Of 195 patients included, 24 (12.3%) demonstrated discordance between clinician-reported and self-reported smoking status at the baseline assessment. Clinician-reported ‘current smokers’ were more likely to be discordant with self-reported smoking status, compared with clinician-reported ‘ex-smokers’ and ‘never smokers’ (P = 0.017). Never smokers were more likely to have adenocarcinoma (P < 0.005), present with stage IV cancer (P = 0.023) and receive treatment with palliative intention (P = 0.042), compared with current and ex-smokers. Of those that were reported by clinicians as being current smokers, 9/38 (23.7%) were self-reported ex-smokers. A sub-group of 137 patients completed at least one additional ePROM questionnaire after the baseline and were included in the smoking cessation analysis. Thirty-eight patients were clinician-reported as ‘current smokers’ at baseline. Of these, 9 subsequently stopped smoking, 17 continued and 3 had short periods of cessation, identified through self-reporting.

Conclusion

In most cases, there is concordance between clinician- and self-reported smoking status. A small area of discordance was identified where clinicians reported some patients as ‘current smokers’, whilst patients self-reported having stopped. The causes for this were not explored and require further investigation. This study supports the use of ePROMs as a helpful tool to assess smoking status, and it can be used to identify patients for smoking cessation referral.

Key Summary Points

It is recognised that those patients who continue smoking following a lung cancer report having a lower quality of life and worse physical health outcomes.

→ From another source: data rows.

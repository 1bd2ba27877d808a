-- ===== src/ViewModel/TextEditor/Texts.antt =====
-- Whole texts that are put into the editor.
use lora_messenger.Common.{
  append-nil, ℕ, ◌≤◌, ◌≡◌, ◌≢◌, ◌↔◌, refl, sym, ap, ◌∙◌, Bool-cases, inl, inr, none, List, [],
  length, ltb, All, arith,
}
use lora_messenger.Words.Network.{IsByte}
use lora_messenger.Core.Text.{is_valid_utf8}
use lora_messenger.Core.Text.Utf8.{IsScalar, encode_text, is_valid_utf8_iff}
use lora_messenger.ViewModel.TextEditor.{TextEditor, set_text}
use lora_messenger.ViewModel.TextEditor.Refines.{Shows}

-- What `set_text` may take: the encoding of some Unicode scalar values, not longer than the editor allows.
abbrev pub Fits : TextEditor → List ℕ → Type 0
Fits e value =
    ((cs : List ℕ) × All IsScalar cs × (encode_text cs ≡ value)) × (length value ≤ e.maximum_bytes)

-- `set_text` takes a string of bytes exactly if it is the UTF-8 encoding of some Unicode scalar values
-- and not longer than the editor allows. Then the editor shows the code points that it encodes, with the
-- cursor at their end; otherwise nothing changes.
pub set_text-Shows :
    (e : TextEditor) (value : List ℕ)
    → All IsByte value
    → ((set_text e value).0 ≡ none ↔ Fits e value)
      × ((set_text e value).0 ≡ none
          → (cs : List ℕ) × (encode_text cs ≡ value) × Shows (set_text e value).1 cs [])
      × ((set_text e value).0 ≢ none → (set_text e value).1 ≡ e)
unfolding set_text encode_text
set_text-Shows e value bytes =
    let utf8 = is_valid_utf8_iff value bytes in
    elim (Bool-cases (is_valid_utf8 value)) [
      | inr bad ↦ rw bad (
        ((λ ok. absurd (cc ok)), λ fits. absurd (cc (bad, utf8.1 fits.0))),
        (λ ok. absurd (cc ok)),
        λ _. refl,
      )
      | inl good ↦ elim (Bool-cases (ltb e.maximum_bytes (length value))) [
        | inl long ↦
            rw (good, long)
              (
                ((λ ok. absurd (cc ok)), λ fits. absurd (ground (arith, long, fits.1))),
                (λ ok. absurd (cc ok)),
                λ _. refl,
              )
        | inr short ↦
            rw (good, short)
              (
                ((λ _. (utf8.0 good, ground (arith, short))), λ _. refl),
                (λ _.
                    let (cs, scalars, same) = utf8.0 good in
                    (
                      cs,
                      same,
                      record {
                        scalars_before = scalars;
                        scalars_after = tt;
                        text_same = sym same ∙ sym (append-nil (encode_text cs));
                        cursor_same = sym (ap length same);
                        size_le = ground (arith, short);
                      },
                    )),
                λ no. absurd (no refl),
              )
      ]
    ]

Therefore, it is important to identify those that are still smoking and make appropriate referrals to smoking cessation services. An independent questionnaire, such as an electronic Patient Reported Outcome Measure (ePROM), would be well poised to aid in identifying those patients that still smoke.
Do patients report a different smoking status on an electronic independent questionnaire compared with what they report to clinicians at their initial clinic visit?
Patients that self reported as current smokers were more likely to have discordant records than never/ex-smokers (P < 0.05).
Discordance between patient and clinician warrants follow-up or immediate referral to smoking cessation services.